Extra lights are easy to wire up. Remember that the switch must have a warning light (either internal or external is fine) to warn you that the lights are on. You can fit lights to the bumper, an A-bar/bull-bar or a roof rack/bar. Front mounted lights can be used on road with high beam and work well. Roof mounted lights cannot be used on road at all and cause a lot of glare from the bonnet, so are only useful for off roading to illuminate low overhangs and see over obstacles that block the head lights.

If fitting roof lights, you need a suitable heavy duty switch (10A or more per pair of 60W lights) or a switch and relay. I used a Carling Technologies Condura switch rated at 20A for my roof lights, which is pretty much on its limit at 12V and comfortably within at the alternator's 14V.

If fitting front mounted spots, they can be controlled independently, by the dip switch or both. I have twin bull-bar spots controlled by the main beam circuit, but they are fed by a relay as running them off the headlight feeds would overload the existing wiring.
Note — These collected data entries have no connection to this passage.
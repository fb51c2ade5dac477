-- ===== src/Tests/Layout.antt =====
-- Examples for the layout of the host's buffer.
use hip_moi.Prelude.{ℕ, ◌*◌, ◌^◌, ◌≤◌, ◌<◌, ◌≡◌, ◌⊎◌, refl, Option, some, List, pos, arith}
use hip_moi.Host.{
  Capacities, checked_capacity, acquired_subgroup_epoch_token_count, assign_layout_slices,
  layout_byte_count, ceil_power_of_two,
}
use hip_moi.Host.Slices.{Packed, layout_slices, assign_layout_slices-Packed}
use hip_moi.Host.Powers.{ceil_power_of_two_lem}

abbrev small_layout : Capacities
small_layout = record {
  diagnostic_capacity = pos 4;
  subgroup_capacity = pos 3;
  atomic_object_capacity = pos 8;
  exact_shadow_entry_capacity = pos 16;
  sampled_watchpoint_capacity = pos 0;
}

nine_tokens : checked_capacity (acquired_subgroup_epoch_token_count small_layout) ≡ some (pos 9)
unfolding checked_capacity
nine_tokens = refl

assign_layout_slices-Packed_example :
    (starts : List (Option ℕ)) × (end : ℕ) × (assign_layout_slices small_layout
      ≡ some (starts, end))
    × (layout_byte_count small_layout ≡ some end)
    × Packed 0 (layout_slices small_layout (pos 9)) starts end
assign_layout_slices-Packed_example = assign_layout_slices-Packed small_layout (pos 9) nine_tokens

ceil_power_of_two_lem_example :
    (j : ℕ) × (ceil_power_of_two 100 ≡ 2 ^ j)
    × (100 ≤ 2 ^ j)
    × (j ≤ 63)
    × ((j ≡ 0) ⊎ (2 ^ j < 2 * 100))
ceil_power_of_two_lem_example = ceil_power_of_two_lem 100 (omega arith)
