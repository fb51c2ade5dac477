-- ===== src/Tests/Publishers.antt =====
-- Examples for policies and for the context that only publishes.
use hip_moi.Prelude.{◌≡◌, refl, true, false, pos, arith, get_or}
use hip_moi.Common.Kinds.{AccessKind, SampledWatchpointPolicy, sampled_watchpoint}
use hip_moi.Context.Storage.{Storage}
use hip_moi.Context.Subgroups.{
  subgroup_id, thread_id, configured_subgroup_count, current_epoch, epoch_at,
}
use hip_moi.Context.Access.{record_access_at}
use hip_moi.Context.Policy.{policy_record_access_at}
use hip_moi.Context.Policy.Options.{Follows, policy_record_access_at-record_access_at}
use hip_moi.SampledContext.{
  SampledWatchpointContext, record_static_access, record_runtime_access, own_subgroup_id,
  own_thread_id,
}
use hip_moi.SampledContext.Fast.{record_static_access-record_runtime_access}
use hip_moi.SampledContext.Publishing.{Mirrors, PublishOnly, record_runtime_access-Mirrors}
use hip_moi.Tests.State.{launched, thread_at, context_at, site_at}

abbrev quiet_policy : SampledWatchpointPolicy
quiet_policy = record {
  sample_skip = 0;
  probe_count = 1;
  delay_iters = 0;
  report_conflicts = false;
  static_watchpoint_capacity = 0;
}

abbrev loud_policy : SampledWatchpointPolicy
loud_policy = record quiet_policy { report_conflicts = true }

abbrev sampling : Storage
sampling = record launched { backend = 1 }

loud_storage : Follows loud_policy sampling
loud_storage = record { skip = refl; probes = refl; reports = refl }

policy_record_access_at-record_access_at_example :
    policy_record_access_at sampled_watchpoint loud_policy
      (context_at 1 sampling)
      1000
      8
      AccessKind.store
      4
      (site_at 9)
    ≡ record_access_at (context_at 1 sampling) 1000 8 AccessKind.store 4 (site_at 9)
policy_record_access_at-record_access_at_example =
    policy_record_access_at-record_access_at loud_policy (context_at 1 sampling) 1000 8
      AccessKind.store 4 (site_at 9) loud_storage refl

-- The second thread, at the epoch of its subgroup.
abbrev publisher : SampledWatchpointContext
publisher = record {
  storage = record {
    sampled_watchpoints = launched.sampled_watchpoints;
    sampled_watchpoint_capacity = pos 4;
    generation = 1;
  };
  threads_per_subgroup = pos 1;
  epoch = 5;
  thread = thread_at 1;
}

record_static_access-record_runtime_access_example :
    record_static_access quiet_policy 4 AccessKind.store 6 (site_at 9) publisher
    ≡ record_runtime_access quiet_policy 4 AccessKind.store 6 (site_at 9) publisher
record_static_access-record_runtime_access_example =
    record_static_access-record_runtime_access 4 6 (omega arith) (omega arith) (omega arith)
      quiet_policy AccessKind.store (site_at 9) publisher

publishing : PublishOnly quiet_policy
publishing = record { quiet = refl; dynamic = refl }

one_thread : Mirrors publisher (context_at 1 launched)
unfolding own_subgroup_id own_thread_id subgroup_id thread_id configured_subgroup_count
    current_epoch epoch_at get_or
one_thread = record {
  words = refl;
  capacity = refl;
  generation = refl;
  threads = refl;
  thread = refl;
  subgroup = refl;
  epoch = refl;
}

record_runtime_access-Mirrors_example :
    Mirrors (record_runtime_access quiet_policy 8 AccessKind.store 4 (site_at 9) publisher) (
      policy_record_access_at sampled_watchpoint quiet_policy
        (context_at 1 launched)
        1000
        8
        AccessKind.store
        4
        (site_at 9))
record_runtime_access-Mirrors_example =
    record_runtime_access-Mirrors quiet_policy publisher (context_at 1 launched) 1000 8
      AccessKind.store 4 (site_at 9) publishing one_thread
As they are front mounted and only come on with high beam, they do not need a separate warning light (the blue high beam warning light is sufficient). Some would fit an override switch to disconnect these lights so that the headlights come on only when the additional lights aren't needed, and a three way switch could be used so that you could have the spots on regardless of the headlights (subject to having a warning light), but I can't see the point in any of that complication.